И полночь с полднем шепчутся.
Весь горизонт багровый, пылают две зари, им страха нет.
На свет свечи летят, ширяются ночные мотыльки. Летят и тащут мне: золотисто-румяную тучку, голубую сеть вешнего воздуха, алмазный след росяных поцелуев, ворчливую радугу пены, лепет малютки, пропавшие думы замерзших...
"Скорее, живите! Вас зной иссушит, измочат дожди, снег поставит заставы!"
Рдеются, ширятся бесстрашные зори. Колеблется ненужная свеча. Летят ко мне на свет ночные мотыльки.
Запел петух.
Заря - огонь. Окно горит.
Белая ночь!
11
ИВАН-КУПАЛ
На разные лады поднялся хохот: тут и щекочут кого-то, и кто-то, запыхавшись, порывается говорить, и смехи-всхлипы, и серебряные капельки звенящих звуков, рвущихся из широко разинутых ротиков.
Впереди Степка, кругленький, в красной рубашечке.
Степка остановился, и из его смеющихся губок сверкает единственный молочный зубок.

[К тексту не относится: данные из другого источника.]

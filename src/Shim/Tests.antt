-- ===== src/Shim/Tests.antt =====
-- An allocator with eight frames, of which the frames 1 and 3 are free.
use nonameos.Prelude.{
  ℕ, zero, suc, [], ◌-◌, ◌<◌, ◌≡◌, refl, ap, true, ◌∷◌, replicate, get_or, length-replicate,
  get_or-replicate, arith,
}
use nonameos.Prelude.Bits.{test_bit_of}
use nonameos.Memory.Phys.{Phys, bitmap_size}
use nonameos.Memory.Phys.Bitmap.{used}
use nonameos.Memory.Phys.Count.{count_free}
use nonameos.Memory.Phys.Alloc.{IsValid}
use nonameos.Shim.{Shim, empty_alloc, fetch_sub}
use nonameos.Shim.Locks.{
  System, inside, spinning, Steps, here, then_step, starts, tries, fresh_lock, compare_exchange,
  lock-excludes,
}
use nonameos.Shim.Frames.{IsApart, Steals, kfree-Steals}

abbrev eight : Phys
eight = record { bitmap = 245 ∷ replicate (bitmap_size - 1) 0; total_frames = 8; free_frames = 2 }

small_bytes : (k : ℕ) → get_or eight.bitmap k 0 < 256
small_bytes zero = omega arith
small_bytes (suc k) = omega (arith, get_or-replicate {A = ℕ} (bitmap_size - 1) k 0)

eight-IsValid : IsValid eight
unfolding used count_free test_bit_of
eight-IsValid = record {
  bitmap = record {
    size = ap suc (length-replicate {A = ℕ} (bitmap_size - 1) 0);
    bytes = small_bytes;
  };
  total = omega arith;
  counted = refl;
}

abbrev shim : Shim
shim = record { alloc_table = replicate 256 empty_alloc; phys = eight; mem = λ a. 0 }

between : (h : ℕ) → 1 < h → h < 3 → used eight h ≡ true
unfolding used test_bit_of
between zero lo hi = absurd (omega arith)
between (suc zero) lo hi = absurd (omega arith)
between (suc (suc zero)) lo hi = refl
between (suc (suc (suc h))) lo hi = absurd (omega arith)

below : (h : ℕ) → h < 1 → used eight h ≡ true
unfolding used test_bit_of
below zero lt = refl
below (suc h) lt = absurd (omega arith)

apart : IsApart shim eight-IsValid refl 1 3
unfolding used test_bit_of
apart = record {
  next = record { within = omega arith; is_free = refl; lowest = below };
  positive = omega arith;
  above = omega arith;
  within = omega arith;
  second_free = refl;
  between = between;
}

kfree-Steals_example : Steals shim eight-IsValid refl 1 3 5000 0
kfree-Steals_example =
    kfree-Steals shim eight-IsValid refl 1 3 5000 0 apart (omega arith) (omega arith)

wraps : fetch_sub 1 0 ≡ (0, 0xFFFFFFFF)
unfolding fetch_sub
wraps = refl

-- The first of two threads is let in, the second spins.
abbrev contended : System
contended = record { locked = true; threads = inside ∷ spinning ∷ [] }

run : Steps (fresh_lock 2) contended
unfolding compare_exchange
run = then_step (then_step here (tries 0 (omega arith) refl)) (starts 1 (omega arith) refl)

lock-excludes_example : ◌≡◌ {A = ℕ} 0 0 × (contended.locked ≡ true)
lock-excludes_example = lock-excludes 2 {t = contended} 0 0 run refl refl
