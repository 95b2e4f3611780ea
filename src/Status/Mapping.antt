-- ===== src/Status/Mapping.antt =====
-- The conversions of kernel/src/win32/error.rs in both directions, and the severities.
use nonameos.Prelude.{
  ℕ, ◌≡◌, ◌↔◌, ◌≢◌, Bool, true, false, List, [], ◌∷◌, ◌==◌, if◌then◌else◌, arith,
}
use nonameos.Status.{
  is_success, ntstatuses, ntstatus_to_win32_error, win32_error_to_ntstatus, error_success,
  error_mr_mid_not_found, status_pending,
}

-- Some row of the table is for the code.
abbrev pub is_listed : ℕ → List (ℕ × ℕ) → Bool
is_listed code [] = false
is_listed code ((c, a) ∷ rows) = if code == c then true else is_listed code rows

-- Converting a Win32 code to an NTSTATUS and back gives the same code, for each code that the first
-- conversion knows; for every other it gives ERROR_MR_MID_NOT_FOUND.
pub win32-ntstatus-win32 :
    (error : ℕ)
    → ntstatus_to_win32_error (win32_error_to_ntstatus error)
      ≡ (if is_listed error ntstatuses then error else error_mr_mid_not_found)
unfolding ntstatus_to_win32_error win32_error_to_ntstatus
win32-ntstatus-win32 error = ground arith

-- The conversion answers success for no failure: only for a status of success or information other
-- than `STATUS_PENDING`, and for each of these.
pub success_reported :
    (status : ℕ)
    → (ntstatus_to_win32_error status ≡ error_success)
      ↔ ((is_success status ≡ true) × (status ≢ status_pending))
unfolding ntstatus_to_win32_error is_success
success_reported status = ground arith
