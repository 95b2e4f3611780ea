-- ===== src/Status/Tests.antt =====
-- Runs of the conversions.
use nonameos.Prelude.{◌≡◌, refl, if◌then◌else◌}
use nonameos.Status.{
  severity, ntstatus_name, ntstatus_to_win32_error, win32_error_to_ntstatus, ntstatuses,
  error_access_denied, error_success, error_mr_mid_not_found, status_access_denied,
  status_buffer_overflow, status_image_machine_type_mismatch,
}
use nonameos.Status.Mapping.{is_listed, win32-ntstatus-win32}

severities : severity status_buffer_overflow ≡ "WARNING"
unfolding severity
severities = refl

named : ntstatus_name status_access_denied ≡ "STATUS_ACCESS_DENIED"
unfolding ntstatus_name
named = refl

-- The status of a 32-bit image counts as success.
mismatch_is_success : ntstatus_to_win32_error status_image_machine_type_mismatch ≡ error_success
unfolding ntstatus_to_win32_error
mismatch_is_success = refl

win32-ntstatus-win32_example :
    ntstatus_to_win32_error (win32_error_to_ntstatus error_access_denied) ≡ (
      if is_listed error_access_denied ntstatuses
      then error_access_denied
      else error_mr_mid_not_found)
win32-ntstatus-win32_example = win32-ntstatus-win32 error_access_denied
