-- ===== src/Vfs/Ramfs/Mount.antt =====
-- The set-up of the root file system in kernel/src/vfs/ramfs.rs.

use nonameos.Prelude.{ℕ, true, List, [], ◌∷◌, Option, none, some, copy_prefix}
use nonameos.Vfs.{InodeType, ramfs_op, Vfs, alloc_superblock, get_superblock, alloc_dentry}
use nonameos.Vfs.Ramfs.{put_superblock, ramfs_alloc_inode, place_dentry}

unfoldable pub create_subdir : ℕ → ℕ → List ℕ → Vfs → Vfs
create_subdir parent_dentry_idx sb_idx name v =
    let (created, v1) = ramfs_alloc_inode sb_idx InodeType.directory v in
    elim created [
      | none ↦ v1
      | some idx ↦ (place_dentry name idx (some parent_dentry_idx) sb_idx v1).1
    ]

unfoldable pub create_subdirs : ℕ → ℕ → List (List ℕ) → Vfs → Vfs
create_subdirs parent_dentry_idx sb_idx [] v = v
create_subdirs parent_dentry_idx sb_idx (name ∷ names) v =
    create_subdirs parent_dentry_idx sb_idx names (create_subdir parent_dentry_idx sb_idx name v)

-- `dev`, `sys`, `proc`, `mnt`, `tmp` and `drives`.
abbrev pub base_directories : List (List ℕ)
base_directories =
    (100 ∷ 101 ∷ 118 ∷ [])
    ∷ (115 ∷ 121 ∷ 115 ∷ [])
    ∷ (112 ∷ 114 ∷ 111 ∷ 99 ∷ [])
    ∷ (109 ∷ 110 ∷ 116 ∷ [])
    ∷ (116 ∷ 109 ∷ 112 ∷ [])
    ∷ (100 ∷ 114 ∷ 105 ∷ 118 ∷ 101 ∷ 115 ∷ [])
    ∷ []

-- `init` from its third step on.
unfoldable pub init_tree : ℕ → ℕ → Vfs → Vfs
init_tree sb_idx root_inode_idx v = elim (alloc_dentry v) [
  | none ↦ v
  | some root ↦
      create_subdirs root sb_idx base_directories
        (place_dentry (47 ∷ []) root_inode_idx none sb_idx v).1
]

unfoldable pub init_root : ℕ → Vfs → Vfs
init_root sb_idx v =
    let (created, v1) = ramfs_alloc_inode sb_idx InodeType.directory v in
    elim created [
      | none ↦ v1
      | some idx ↦ elim (get_superblock sb_idx v1) [
        | none ↦ init_tree sb_idx idx v1
        | some s ↦ init_tree sb_idx idx (put_superblock sb_idx (record s { root_inode = idx }) v1)
      ]
    ]

-- `ramfs`, as bytes.
abbrev pub ramfs_name : List ℕ
ramfs_name = 114 ∷ 97 ∷ 109 ∷ 102 ∷ 115 ∷ []

unfoldable pub init : Vfs → Option Vfs
init v = elim (alloc_superblock v) [
  | none ↦ some v
  | some sb_idx ↦ elim (get_superblock sb_idx v) [
    | none ↦ none
    | some s ↦ some (
        init_root sb_idx (
          put_superblock sb_idx
            (record s {
              fs_type = copy_prefix ramfs_name s.fs_type;
              fs_type_len = 5;
              active = true;
              ops = record { alloc_inode = ramfs_op; free_inode = ramfs_op };
            })
            v))
  ]
]
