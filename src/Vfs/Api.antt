-- ===== src/Vfs/Api.antt =====
-- The calls of kernel/src/vfs/mod.rs on open files, and `create`.
use mathlib.Core.Option
use nonameos.Prelude.{
  ℕ, Bool, true, false, not, ◌||◌, List, Option, none, some, set, ltb, leb, if◌then◌else◌,
  add_usize,
}
use nonameos.Prelude.Find.{find_index}
use nonameos.Vfs.{
  InodeType, is_directory, Operation, null_op, ramfs_op, File, Vfs, inode, open_file, max_inodes,
  max_open_files, get_inode, get_dentry, path_lookup,
}
use nonameos.Vfs.Ramfs.Mount
use nonameos.Vfs.Ramfs.{Isize, minus_one, bytes, ramfs_read, ramfs_write, ramfs_create}

abbrev pub put_file : ℕ → File → Vfs → Vfs
put_file fd f v = record v { files = set v.files fd f }

-- `open` once the inode is known.
unfoldable pub open_inode : ℕ → ℕ → Vfs → Option ℕ × Vfs
open_inode inode_idx mode v = elim (find_index (λ (f : File). not f.active) v.files) [
  | none ↦ (none, v)
  | some fd ↦ (
    some fd,
    put_file fd (record { inode_idx = inode_idx; offset = 0; mode = mode; active = true }) v,
  )
]

unfoldable pub open_path : List ℕ → ℕ → Vfs → Option ℕ × Vfs
open_path path mode v = elim (path_lookup path v) [
  | none ↦ (none, v)
  | some dentry_idx ↦ elim (get_dentry dentry_idx v) [
    | none ↦ (none, v)
    | some d ↦ elim (get_inode d.inode_idx v) [
      | none ↦ (none, v)
      | some i ↦ open_inode d.inode_idx mode v
    ]
  ]
]

-- The test with which `read`, `write` and `seek` refuse a descriptor.
abbrev pub is_closed : ℕ → Vfs → Bool
is_closed fd v = leb max_open_files fd || not (open_file v fd).active

abbrev pub is_missing : ℕ → Vfs → Bool
is_missing idx v = leb max_inodes idx || not (inode v idx).active

-- `if n > 0 { FILES[fd].offset += n }`
unfoldable pub advance : ℕ → Isize → Vfs → Vfs
advance fd minus_one v = v
advance fd (bytes n) v =
    let f = open_file v fd in
    if ltb 0 n then put_file fd (record f { offset = add_usize f.offset n }) v else v

unfoldable pub call_read : Operation → ℕ → ℕ → List ℕ → Vfs → Isize × List ℕ
call_read null_op inode_idx offset buf v = (bytes 0, buf)
call_read ramfs_op inode_idx offset buf v = ramfs_read inode_idx offset buf v

unfoldable pub call_write : Operation → ℕ → ℕ → List ℕ → Vfs → Option (Isize × Vfs)
call_write null_op inode_idx offset src v = some (bytes 0, v)
call_write ramfs_op inode_idx offset src v = ramfs_write inode_idx offset src v

unfoldable pub read : ℕ → List ℕ → Vfs → Isize × List ℕ × Vfs
read fd buf v =
    let f = open_file v fd in
    if is_closed fd v || is_missing f.inode_idx v
    then (minus_one, buf, v)
    else let (n, buf') = call_read (inode v f.inode_idx).file_ops.read f.inode_idx f.offset buf v in
      (n, buf', advance fd n v)

unfoldable pub write : ℕ → List ℕ → Vfs → Option (Isize × Vfs)
write fd src v =
    let f = open_file v fd in
    if is_closed fd v || is_missing f.inode_idx v
    then some (minus_one, v)
    else Option.map (λ (r : Isize × Vfs). (r.0, advance fd r.0 r.1))
        (call_write (inode v f.inode_idx).file_ops.write f.inode_idx f.offset src v)

unfoldable pub close : ℕ → Vfs → Vfs
close fd v =
    if ltb fd max_open_files then put_file fd (record (open_file v fd) { active = false }) v else v

unfoldable pub seek : ℕ → ℕ → Vfs → Bool × Vfs
seek fd offset v =
    if is_closed fd v
    then (false, v)
    else (true, put_file fd (record (open_file v fd) { offset = offset }) v)

unfoldable pub call_create : Operation → ℕ → List ℕ → InodeType → Vfs → Option (Option ℕ × Vfs)
call_create null_op inode_idx name itype v = some (none, v)
call_create ramfs_op inode_idx name itype v = ramfs_create inode_idx name itype v

unfoldable pub create : List ℕ → List ℕ → InodeType → Vfs → Option (Option ℕ × Vfs)
create parent_path name itype v = elim (path_lookup parent_path v) [
  | none ↦ some (none, v)
  | some dentry_idx ↦ elim (get_dentry dentry_idx v) [
    | none ↦ some (none, v)
    | some d ↦ elim (get_inode d.inode_idx v) [
      | none ↦ some (none, v)
      | some i ↦
          if not (is_directory i.itype)
          then some (none, v)
          else call_create i.inode_ops.create d.inode_idx name itype v
    ]
  ]
]

unfoldable pub init : Vfs → Option Vfs
init v = Mount.init v
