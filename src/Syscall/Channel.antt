-- ===== src/Syscall/Channel.antt =====
-- A message through an endpoint, from user memory to user memory: kernel/src/syscall.rs over Ipc.
use nonameos.Prelude.{
  ℕ, zero, suc, ◌+◌, ◌≡◌, ◌<◌, ◌≤◌, refl, ap, sym, subst, ◌∙◌, ◌⊎◌, Bool, true, List, Option, some,
  length, get_or, set, take, min, arith, get_or-set_self, length-take, take-all,
}
use nonameos.Ipc
use nonameos.Ipc.{
  Message, Endpoint, Endpoints, endpoint, empty_message, empty_endpoint, enqueue, dequeue,
  copy_message, make_request, max_endpoints,
}
use nonameos.Ipc.Valid.{IsTable}
use nonameos.Ipc.Messages.{Carries, request_response_carry}
use nonameos.Vfs.Ramfs.{read_bytes}
use nonameos.Syscall.{Kernel, user_bytes, send_code, deliver, sys_ipc_send, sys_ipc_recv}

get_or-read_bytes :
    (mem : ℕ → ℕ) (addr n i : ℕ) → i < n → get_or (read_bytes mem addr n) i 0 ≡ mem (addr + i)
get_or-read_bytes mem addr zero i lt = absurd (omega arith)
get_or-read_bytes mem addr (suc n) zero lt = ap mem (omega arith)
get_or-read_bytes mem addr (suc n) (suc i) lt =
    get_or-read_bytes mem (addr + 1) n i (omega arith) ∙ ap mem (omega arith)

length-read_bytes : (mem : ℕ → ℕ) (addr n : ℕ) → length (read_bytes mem addr n) ≡ n
length-read_bytes mem addr zero = refl
length-read_bytes mem addr (suc n) = ap suc (length-read_bytes mem (addr + 1) n)

-- A message sent to an endpoint with an empty queue is the next one that is received there.
record Passed (id : ℕ) (msg : Message) (es : Endpoints) : Type 0 where
  sent : (Ipc.send id msg es).0 ≡ Ipc.ok
  received : (Ipc.receive id (Ipc.send id msg es).1).0 ≡ some msg

module _ (id : ℕ) (msg : Message) (es : Endpoints) (t : IsTable es) where
  -- The endpoint with the message in its queue.
  filled : Endpoint
  filled = (enqueue (endpoint es id) msg).0

  module _ (lt : id < max_endpoints) (active : (endpoint es id).active ≡ true)
      (empty : (endpoint es id).queue_count ≡ 0) where
    put : enqueue (endpoint es id) msg ≡ (filled, true)
    unfolding filled enqueue
    put =
        let taken : (enqueue (endpoint es id) msg).1 ≡ true = ground (arith, empty) in
        ap (λ (b : Bool). (filled, b)) taken

    sent_as : Ipc.send id msg es ≡ (Ipc.ok, set es id filled)
    unfolding Ipc.send
    sent_as = ground (arith, lt, active, put)

    oldest : (dequeue filled).1 ≡ some msg
    unfolding filled enqueue dequeue
    oldest =
        let q = (t.each id).queue in
        ground (
          arith,
          empty,
          q.read,
          q.write,
          q.slots,
          get_or-set_self (endpoint es id).queue (endpoint es id).queue_write msg empty_message,
        )

    still_active : filled.active ≡ true
    unfolding filled enqueue
    still_active = ground (arith, active, empty)

    received_from : (Ipc.receive id (set es id filled)).0 ≡ some msg
    unfolding Ipc.receive copy_message
    received_from =
        let here = get_or-set_self es id filled empty_endpoint (omega (arith, lt, t.size)) in
        ground (arith, here, still_active, oldest, lt)

    send-Passed : Passed id msg es
    send-Passed = record {
      sent = ap (λ (r : Ipc.SendResult × Endpoints). r.0) sent_as;
      received =
          ap (λ (r : Ipc.SendResult × Endpoints). (Ipc.receive id r.1).0) sent_as ∙ received_from;
    }

-- What a receiver finds at `dst` that a sender had at `src`.
pub record Carried (k k' : Kernel) (src dst len n : ℕ) : Type 0 where
  pub counted : n ≡ min len 256
  pub content : (i : ℕ) → i < n → k'.fs.mem (dst + i) ≡ k.fs.mem (src + i)
  pub elsewhere : (a : ℕ) → (a < dst) ⊎ (dst + n ≤ a) → k'.fs.mem a ≡ k.fs.mem a

module _ (k : Kernel) (src len : ℕ) where
  -- The bytes that `sys_ipc_send` copies into its message.
  payload : List ℕ
  payload = user_bytes src (min len 256) k

  module _ (dst : ℕ) (msg : Message) (c : Carries msg payload) (es : Endpoints) where
    size : msg.payload_len ≡ min len 256
    unfolding payload
    size = omega (arith, c.counted, length-read_bytes k.fs.mem src (min len 256))

    copied :
        (i : ℕ)
        → i < msg.payload_len
        → get_or (take msg.payload_len msg.payload) i 0 ≡ k.fs.mem (src + i)
    unfolding payload
    copied i lt =
        let short =
          take-all 256 payload (omega (arith, length-read_bytes k.fs.mem src (min len 256))) in
        ap (λ (xs : List ℕ). get_or xs i 0) (c.content ∙ short)
        ∙ get_or-read_bytes k.fs.mem src (min len 256) i (omega (arith, lt, size))

    copied_length : length (take msg.payload_len msg.payload) ≡ msg.payload_len
    copied_length = omega (arith, length-take msg.payload_len msg.payload, c.room, size)

    deliver-Carried :
        Carried k
          (deliver dst (some msg) (record k { endpoints = es })).1
          src
          dst
          len
          (deliver dst (some msg) (record k { endpoints = es })).0
    unfolding deliver
    deliver-Carried = record {
      counted = size;
      content = λ i lt. ground (arith, copied i lt, copied_length, lt);
      elsewhere = λ a out. ground (arith, out, copied_length);
    }

module _ (k : Kernel) (src len : ℕ) where
  message : Message
  message = make_request 0 (payload k src len)

  message-Carries : Carries message (payload k src len)
  unfolding message
  message-Carries = (request_response_carry 0 0 (payload k src len)).0

module _ (k : Kernel) (id src dst len : ℕ) where
  sent_code : Passed id (message k src len) k.endpoints → (sys_ipc_send id src len k).0 ≡ 0
  unfolding sys_ipc_send payload message
  sent_code p = ap send_code p.sent

  rest : Endpoints
  rest = (Ipc.receive id (Ipc.send id (message k src len) k.endpoints).1).1

  delivered :
      Passed id (message k src len) k.endpoints
      → sys_ipc_recv id dst (sys_ipc_send id src len k).1
        ≡ deliver dst (some (message k src len)) (record k { endpoints = rest })
  unfolding sys_ipc_send sys_ipc_recv payload message rest
  delivered p =
      ap (λ (received : Option Message). deliver dst received (record k { endpoints = rest }))
        p.received

-- On an endpoint of a valid table that is in use and has no message waiting, `sys_ipc_send`
-- succeeds, and `sys_ipc_recv` there then returns the length sent, cut to 256, puts the sender's
-- bytes at the receiver's buffer, wherever that is, and changes no other byte.
pub sys_ipc_send-sys_ipc_recv :
    (id src dst len : ℕ) (k : Kernel)
    → IsTable k.endpoints
    → id < max_endpoints
    → (endpoint k.endpoints id).active ≡ true
    → (endpoint k.endpoints id).queue_count ≡ 0
    → ((sys_ipc_send id src len k).0 ≡ 0)
      × Carried k
          (sys_ipc_recv id dst (sys_ipc_send id src len k).1).1
          src
          dst
          len
          (sys_ipc_recv id dst (sys_ipc_send id src len k).1).0
sys_ipc_send-sys_ipc_recv id src dst len k t lt active empty =
    let passed = send-Passed id (message k src len) k.endpoints t lt active empty in
    let carried =
      deliver-Carried k src len dst _ (message-Carries k src len) (rest k id src dst len) in
    (
      sent_code k id src dst len passed,
      subst (λ (r : ℕ × Kernel). Carried k r.1 src dst len r.0)
          (sym (delivered k id src dst len passed)) carried,
    )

Степка кричит мне,- его пухлые ручонки крепко сжимают смятый, затасканный василек.
И затопотался - побежал.
А вприпрыжку за ним тоненькая, черномазая Манька в голубом платьице с пучком кашки, коротышка Настя, взлохмаченная, в красной кофточке, с золотыми одуванчиками, курносенькая Аленушка в сиреневой блузке, с блеклыми фиалками, визгунья Катька, загорелая до черноты, с земляникой, беленькая Таня с веткою дикой розы и Ванька и Колька...
Венки - венки цветов!
А сзади бабушка Васильевна в табачном, исстиранном платке, темная. Обыкновенно такая ворчунья, а нынче добрая. Беззубый рот к ушам разъехался, затихло ее вечное: "Тише, тише, скверный мальчишка, выдеру, смей ты у меня!" В руках у Васильевны веник наполовину из желтых цветков купальницы.
Точно огромный цветной веник, снуют дети, подвигаются по дороге к реке.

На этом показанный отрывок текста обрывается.